They never said they were perfect
Awwwwww, yeah. This one is really for you, Maury Municipal. You and Sid Civic and Matt Metropolitan and all you dedicated public-course crazies who stand in line at five o'clock Saturday morning, shuffling in the dew and itching to tee it up so you can whup one of your 150-yard beauties out there into the high weeds; you who play bareback in furnace weather, overcoated in snow or slickered up in driving rainstorms; you plant guys coming off the night shift to drag your carts for the grand old factory team; you slice-your-drive, shank-your-iron, cut-up-your-Titleist, take-no-divot, kick-a-few-out-of-the-rough guys.
Yes, this is the tournament, this U.S. Amateur Publinx Championship, for all of you who whack the ball off a rubber-mat at the Highway Driving Range, coax it into a pipe at the Putt-Putt, trust your T shirts to the Arnold Palmer cleaners, scramble for your solid 105s and love every hacking, slashing, duffing minute of it. It is the one time each year when tournament golf drops its middle-class pretensions and becomes a four-day, blue-collar scramble among an assortment of bricklayers, hairdressers, welders, carpenters, mailmen, firemen, cooks and cops.
This year's version of the USGA-directed Publinx was held last week under charming, blowtorch conditions in the Arizona desert, otherwise known as the Papago course, Phoenix. It was won by tall, blond Fred Haney, who brought his big swing out of the cool pine forests of Oregon and played through 115° temperatures as though he were air-conditioned, producing a two-over score of 290 and thrashing the field by five shots.
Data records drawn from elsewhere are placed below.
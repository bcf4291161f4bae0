-- ===== src/Gateway.antt =====
-- The gateway in front of the agents' servers (cmd/gateway/main.go): a host name becomes a service
-- in a tenant's namespace. The API server is an oracle from a namespace and a name to the port of
-- the AgentDeployment, an int32 that is 0 where the spec has none. The proxying itself is left out.
pub mod Hosts
pub mod Routing
use ai_lab.Prelude.{
  ℕ, ◌+◌, Bool, true, false, Option, none, some, List, [], ◌∷◌, ◌++◌, ltb, ◌==◌, if◌then◌else◌,
  Text, txt, is_empty, same, lookup, insert,
}

pub record Resolved : Type 0 where
  pub tenant_id : Text
  pub namespace : Text
  pub service : Text
  pub port : ℕ

-- strings.TrimSuffix behind strings.HasSuffix; `none` where the suffix is missing.
unfoldable pub strip_suffix : Text → Text → Option Text
strip_suffix suffix [] = if same [] suffix then some [] else none
strip_suffix suffix (c ∷ s) =
    let rest = strip_suffix suffix s in
    if same (c ∷ s) suffix then some [] else (elim rest [ none ↦ none | some p ↦ some (c ∷ p) ])

-- strings.SplitN(s, ".", 2), where it has two parts
unfoldable pub split_dot : Text → Option (Text × Text)
split_dot [] = none
split_dot (c ∷ s) =
    let rest = split_dot s in
    if c == b'.' then some ([], s) else (elim rest [ none ↦ none | some p ↦ some (c ∷ p.0, p.1) ])

unfoldable pub parse_host : Text → Text → Option (Text × Text)
parse_host host domain = elim (strip_suffix (b'.' ∷ domain) host) [
  | none ↦ none
  | some prefix ↦ split_dot prefix
]

-- What stands before the last colon, if there is one.
abbrev pub before_last_colon : Text → Option Text
before_last_colon [] = none
before_last_colon (c ∷ s) =
    let rest = before_last_colon s in
    elim rest [ none ↦ (if c == b':' then some [] else none) | some p ↦ some (c ∷ p) ]

-- The host without its port: the colon counts from index 1 on.
unfoldable pub strip_port : Text → Text
strip_port host = elim (before_last_colon host) [
  | none ↦ host
  | some p ↦ if is_empty p then host else p
]

pub record CacheEntry : Type 0 where
  pub val : Resolved
  pub expiry : ℕ

pub record Cache : Type 0 where
  pub ttl : ℕ
  pub m : List (Text × CacheEntry)

unfoldable pub new_cache : ℕ → Cache
new_cache ttl = record { ttl = ttl; m = [] }

-- cache.get at a time
unfoldable pub get : ℕ → Text → Cache → Option Resolved
get now k c = elim (lookup k c.m) [
  | none ↦ none
  | some e ↦ if ltb e.expiry now then none else some e.val
]

-- cache.put at a time
unfoldable pub put : ℕ → Text → Resolved → Cache → Cache
put now k v c = record c { m = insert k (record { val = v; expiry = now + c.ttl }) c.m }

abbrev pub cache_key : Text → Text → Text
cache_key agent tenant = agent ++ b'.' ∷ tenant

abbrev pub namespace_of : Text → Text
namespace_of tenant = txt "tenant-" ++ tenant

-- The AgentDeployment under a namespace and a name: its port, or `none` for an error of the Get.
abbrev pub Deployments : Type 0
Deployments = Text → Text → Option ℕ

abbrev pub resolved_for : Text → Text → ℕ → Resolved
resolved_for agent tenant port = record {
  tenant_id = tenant;
  namespace = namespace_of tenant;
  service = agent;
  port = if port == 0 then 8080 else port;
}

-- gateway.resolve
unfoldable pub resolve : Deployments → ℕ → Text → Text → Cache → Cache × Option Resolved
unfolding get put
resolve k now agent tenant c = elim (get now (cache_key agent tenant) c) [
  | some v ↦ (c, some v)
  | none ↦ elim (k (namespace_of tenant) agent) [
    | none ↦ (c, none)
    | some port ↦
        let res = resolved_for agent tenant port in
        (put now (cache_key agent tenant) res c, some res)
  ]
]

pub data Target : Type 0 where
  in_cluster : Text → ℕ → Target
  api_proxy : Text → Text → ℕ → Target

-- gateway.targetURL: the host and port in the cluster, or the parts of the proxy's path.
unfoldable pub target_url : Bool → Resolved → Target
target_url true r = api_proxy r.namespace r.service r.port
target_url false r =
    in_cluster (r.service ++ b'.' ∷ (r.namespace ++ txt ".svc.cluster.local")) r.port

pub data Answer : Type 0 where
  bad_host not_found : Answer
  proxied : Target → Answer

-- gateway.ServeHTTP up to the proxying
unfoldable pub serve_http : Text → Bool → Deployments → ℕ → Text → Cache → Cache × Answer
unfolding parse_host strip_port resolve target_url
serve_http domain use_api_proxy k now host c = elim (parse_host (strip_port host) domain) [
  | none ↦ (c, bad_host)
  | some p ↦
      let (c', res) = resolve k now p.0 p.1 c in
      elim res [ none ↦ (c', not_found) | some r ↦ (c', proxied (target_url use_api_proxy r)) ]
]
On his way to victory, the 22-year-old former captain of the University of Oregon golf team seemed singularly unaware of the history he was helping to enrich.
Above and beyond its kaleidoscopic field, the Publinx has other claims to distinction. It was initiated in 1922 as a concession to those amateurs throughout the country who could afford neither private-club membership nor travel expenses to a national tournament. A man needs no established handicap to enter the Publinx sectional qualifying rounds, and if he does qualify, most of his travel costs to the national tournament, plus limited per diem expenses, are provided by the USGA. As a consequence, the USGA makes all but the top four finishers and ties ineligible for the U.S. Amateur that year. Despite this deprivation and the sideshow flavor of the competition, the Publinx endures, as much for its theater as for its golf.
In the very first Publinx, two players approaching a green late in their match were somewhat surprised to hear a shot ring out and discover that one of their gallery had assassinated himself. That seemed to set the tone. President Warren G. Harding lent his name to the Publinx team trophy, won this year by Haney's Portland contingent. Diverse personalities have won the individual title: a Pittsburgh stenographer, a Philadelphia waiter, a San Francisco riveter, a Yonkers truck driver and the only black man (Billy Wright in 1959) ever to take a national golf championship. It regularly produces a character like 6'7" Yates Adams, who stamped himself the leading zany in the clubhouse in 1964 by swinging like a Ferris wheel and pouncing onto putts like a caged animal.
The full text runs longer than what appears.